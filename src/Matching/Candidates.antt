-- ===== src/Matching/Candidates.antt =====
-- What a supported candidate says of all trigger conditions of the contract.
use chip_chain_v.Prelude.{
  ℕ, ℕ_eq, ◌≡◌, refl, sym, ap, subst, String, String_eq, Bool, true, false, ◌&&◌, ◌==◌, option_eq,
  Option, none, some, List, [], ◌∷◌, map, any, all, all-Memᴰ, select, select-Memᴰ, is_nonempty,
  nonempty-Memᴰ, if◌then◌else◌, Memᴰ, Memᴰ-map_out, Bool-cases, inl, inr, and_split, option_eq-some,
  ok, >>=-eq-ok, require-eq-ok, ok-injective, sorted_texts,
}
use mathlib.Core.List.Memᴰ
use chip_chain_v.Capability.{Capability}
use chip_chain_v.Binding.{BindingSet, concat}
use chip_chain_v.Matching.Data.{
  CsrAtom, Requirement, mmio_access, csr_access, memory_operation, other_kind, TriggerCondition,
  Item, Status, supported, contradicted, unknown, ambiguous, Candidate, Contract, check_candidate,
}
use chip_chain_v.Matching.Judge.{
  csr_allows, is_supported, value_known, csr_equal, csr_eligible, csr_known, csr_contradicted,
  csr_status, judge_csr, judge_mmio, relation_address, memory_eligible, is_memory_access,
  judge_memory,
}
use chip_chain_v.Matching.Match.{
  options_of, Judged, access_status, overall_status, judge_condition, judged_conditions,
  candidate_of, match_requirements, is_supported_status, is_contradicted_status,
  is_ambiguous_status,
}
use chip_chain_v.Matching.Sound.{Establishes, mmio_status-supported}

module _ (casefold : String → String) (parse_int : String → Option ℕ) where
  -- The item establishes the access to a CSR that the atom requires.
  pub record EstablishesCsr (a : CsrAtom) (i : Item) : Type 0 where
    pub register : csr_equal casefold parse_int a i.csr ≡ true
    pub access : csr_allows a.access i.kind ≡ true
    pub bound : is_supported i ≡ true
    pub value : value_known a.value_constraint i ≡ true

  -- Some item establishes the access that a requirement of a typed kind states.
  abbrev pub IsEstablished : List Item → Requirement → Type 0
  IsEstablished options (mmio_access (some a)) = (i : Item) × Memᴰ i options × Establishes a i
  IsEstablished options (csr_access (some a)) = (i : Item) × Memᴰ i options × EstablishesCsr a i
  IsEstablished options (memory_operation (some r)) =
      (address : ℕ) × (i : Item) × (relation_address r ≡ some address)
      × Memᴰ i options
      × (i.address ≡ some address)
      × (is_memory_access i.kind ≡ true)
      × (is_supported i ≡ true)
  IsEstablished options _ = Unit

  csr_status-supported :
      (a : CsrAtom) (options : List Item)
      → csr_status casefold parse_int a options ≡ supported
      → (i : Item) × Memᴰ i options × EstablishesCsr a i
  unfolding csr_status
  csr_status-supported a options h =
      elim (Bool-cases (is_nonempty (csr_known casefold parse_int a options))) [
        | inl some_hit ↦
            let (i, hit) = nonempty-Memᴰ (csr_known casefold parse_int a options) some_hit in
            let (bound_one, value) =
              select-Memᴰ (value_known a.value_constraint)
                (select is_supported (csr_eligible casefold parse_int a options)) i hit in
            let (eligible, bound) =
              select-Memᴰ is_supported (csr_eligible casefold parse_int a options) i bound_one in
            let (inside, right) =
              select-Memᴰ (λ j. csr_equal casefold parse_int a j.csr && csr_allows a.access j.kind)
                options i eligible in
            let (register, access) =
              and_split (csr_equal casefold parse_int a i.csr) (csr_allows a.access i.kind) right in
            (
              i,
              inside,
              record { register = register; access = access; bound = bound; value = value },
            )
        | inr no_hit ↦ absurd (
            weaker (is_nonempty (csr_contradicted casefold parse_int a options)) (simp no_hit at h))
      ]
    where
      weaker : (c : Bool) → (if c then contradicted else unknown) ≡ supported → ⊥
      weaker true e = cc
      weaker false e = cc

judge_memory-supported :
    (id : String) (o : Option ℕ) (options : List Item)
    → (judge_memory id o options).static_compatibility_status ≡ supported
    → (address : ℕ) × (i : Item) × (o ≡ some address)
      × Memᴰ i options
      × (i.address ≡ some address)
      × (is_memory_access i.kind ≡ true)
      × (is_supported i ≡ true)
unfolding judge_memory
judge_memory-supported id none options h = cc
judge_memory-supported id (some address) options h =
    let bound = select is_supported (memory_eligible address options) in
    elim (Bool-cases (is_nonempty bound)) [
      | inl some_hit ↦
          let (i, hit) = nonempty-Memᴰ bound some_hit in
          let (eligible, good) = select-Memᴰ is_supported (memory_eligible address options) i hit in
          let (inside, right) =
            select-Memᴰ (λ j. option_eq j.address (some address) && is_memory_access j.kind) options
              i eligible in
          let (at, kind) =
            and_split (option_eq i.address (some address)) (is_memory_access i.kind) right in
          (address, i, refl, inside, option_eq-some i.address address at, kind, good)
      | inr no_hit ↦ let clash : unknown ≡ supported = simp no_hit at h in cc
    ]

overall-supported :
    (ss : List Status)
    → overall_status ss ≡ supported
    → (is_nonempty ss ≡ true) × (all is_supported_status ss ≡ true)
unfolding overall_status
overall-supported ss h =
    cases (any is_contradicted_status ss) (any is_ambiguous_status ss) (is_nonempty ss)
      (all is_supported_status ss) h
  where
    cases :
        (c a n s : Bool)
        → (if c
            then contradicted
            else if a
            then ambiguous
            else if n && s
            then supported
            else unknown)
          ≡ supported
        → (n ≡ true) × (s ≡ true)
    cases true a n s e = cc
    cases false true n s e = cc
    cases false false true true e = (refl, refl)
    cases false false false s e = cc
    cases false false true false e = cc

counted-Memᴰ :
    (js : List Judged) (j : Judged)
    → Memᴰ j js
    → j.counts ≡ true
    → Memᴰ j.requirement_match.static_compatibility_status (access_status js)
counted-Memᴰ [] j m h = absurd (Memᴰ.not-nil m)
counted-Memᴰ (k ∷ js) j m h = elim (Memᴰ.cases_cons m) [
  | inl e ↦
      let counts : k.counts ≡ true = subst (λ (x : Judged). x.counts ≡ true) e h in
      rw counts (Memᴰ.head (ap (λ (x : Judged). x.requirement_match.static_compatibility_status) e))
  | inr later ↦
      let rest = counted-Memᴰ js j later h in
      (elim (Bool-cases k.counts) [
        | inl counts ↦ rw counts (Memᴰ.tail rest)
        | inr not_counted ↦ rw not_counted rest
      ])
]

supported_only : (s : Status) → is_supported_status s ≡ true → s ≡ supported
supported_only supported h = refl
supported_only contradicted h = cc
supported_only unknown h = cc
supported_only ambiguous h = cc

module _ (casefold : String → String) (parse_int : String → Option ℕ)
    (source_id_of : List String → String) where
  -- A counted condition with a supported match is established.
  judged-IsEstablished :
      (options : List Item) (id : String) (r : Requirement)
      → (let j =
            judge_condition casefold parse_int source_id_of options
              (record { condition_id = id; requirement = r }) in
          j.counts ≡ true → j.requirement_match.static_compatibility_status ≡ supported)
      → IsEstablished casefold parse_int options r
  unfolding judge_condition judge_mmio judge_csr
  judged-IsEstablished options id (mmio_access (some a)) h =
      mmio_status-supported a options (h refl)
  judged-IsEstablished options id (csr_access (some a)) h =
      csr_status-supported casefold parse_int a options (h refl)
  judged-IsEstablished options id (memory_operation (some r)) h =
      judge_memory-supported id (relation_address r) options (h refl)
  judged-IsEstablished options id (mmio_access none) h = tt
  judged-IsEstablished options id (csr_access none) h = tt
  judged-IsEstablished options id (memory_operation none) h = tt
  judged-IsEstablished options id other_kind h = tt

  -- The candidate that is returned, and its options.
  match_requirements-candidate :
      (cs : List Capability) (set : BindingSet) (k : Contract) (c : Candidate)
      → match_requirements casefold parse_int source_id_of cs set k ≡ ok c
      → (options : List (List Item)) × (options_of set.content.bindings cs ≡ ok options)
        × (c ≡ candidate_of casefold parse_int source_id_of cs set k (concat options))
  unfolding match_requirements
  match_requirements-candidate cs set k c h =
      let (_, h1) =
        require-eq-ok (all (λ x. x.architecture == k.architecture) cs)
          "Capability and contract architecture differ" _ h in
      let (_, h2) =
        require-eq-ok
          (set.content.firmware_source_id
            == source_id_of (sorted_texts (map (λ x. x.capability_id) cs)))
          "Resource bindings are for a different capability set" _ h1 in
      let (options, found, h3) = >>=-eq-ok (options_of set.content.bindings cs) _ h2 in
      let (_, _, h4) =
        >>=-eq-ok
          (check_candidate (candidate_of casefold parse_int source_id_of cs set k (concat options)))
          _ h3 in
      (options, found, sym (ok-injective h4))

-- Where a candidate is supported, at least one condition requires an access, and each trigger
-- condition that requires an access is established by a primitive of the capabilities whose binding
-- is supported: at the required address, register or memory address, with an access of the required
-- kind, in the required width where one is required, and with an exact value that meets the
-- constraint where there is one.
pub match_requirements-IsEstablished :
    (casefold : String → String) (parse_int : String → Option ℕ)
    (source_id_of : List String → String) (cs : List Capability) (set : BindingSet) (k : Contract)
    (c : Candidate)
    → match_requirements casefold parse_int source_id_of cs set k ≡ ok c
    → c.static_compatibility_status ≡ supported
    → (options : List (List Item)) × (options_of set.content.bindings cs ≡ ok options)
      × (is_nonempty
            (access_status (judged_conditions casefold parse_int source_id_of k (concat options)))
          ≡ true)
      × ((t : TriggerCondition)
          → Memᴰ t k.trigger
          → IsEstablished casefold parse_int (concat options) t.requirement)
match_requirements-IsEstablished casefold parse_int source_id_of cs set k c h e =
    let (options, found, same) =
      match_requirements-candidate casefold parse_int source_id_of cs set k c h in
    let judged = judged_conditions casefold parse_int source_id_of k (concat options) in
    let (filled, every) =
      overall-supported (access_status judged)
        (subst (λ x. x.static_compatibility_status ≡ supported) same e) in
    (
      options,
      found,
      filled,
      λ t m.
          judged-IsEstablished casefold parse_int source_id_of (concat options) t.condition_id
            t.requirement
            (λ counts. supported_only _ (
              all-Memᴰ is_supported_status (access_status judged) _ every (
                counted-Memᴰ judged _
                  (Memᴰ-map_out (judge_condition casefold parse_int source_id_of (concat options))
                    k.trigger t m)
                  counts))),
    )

_ _ _ _ _ _ _

### Try it
What do the lines above say from the one containing "(cs : List Capability) (set : BindingSet) (k : Contract) (c" down to the one containing "require-eq-ok (all (λ"? Return them exactly, both end lines included, and only them.

### Response to the exercise
      (cs : List Capability) (set : BindingSet) (k : Contract) (c : Candidate)
      → match_requirements casefold parse_int source_id_of cs set k ≡ ok c
      → (options : List (List Item)) × (options_of set.content.bindings cs ≡ ok options)
        × (c ≡ candidate_of casefold parse_int source_id_of cs set k (concat options))
  unfolding match_requirements
  match_requirements-candidate cs set k c h =
      let (_, h1) =
        require-eq-ok (all (λ x. x.architecture == k.architecture) cs)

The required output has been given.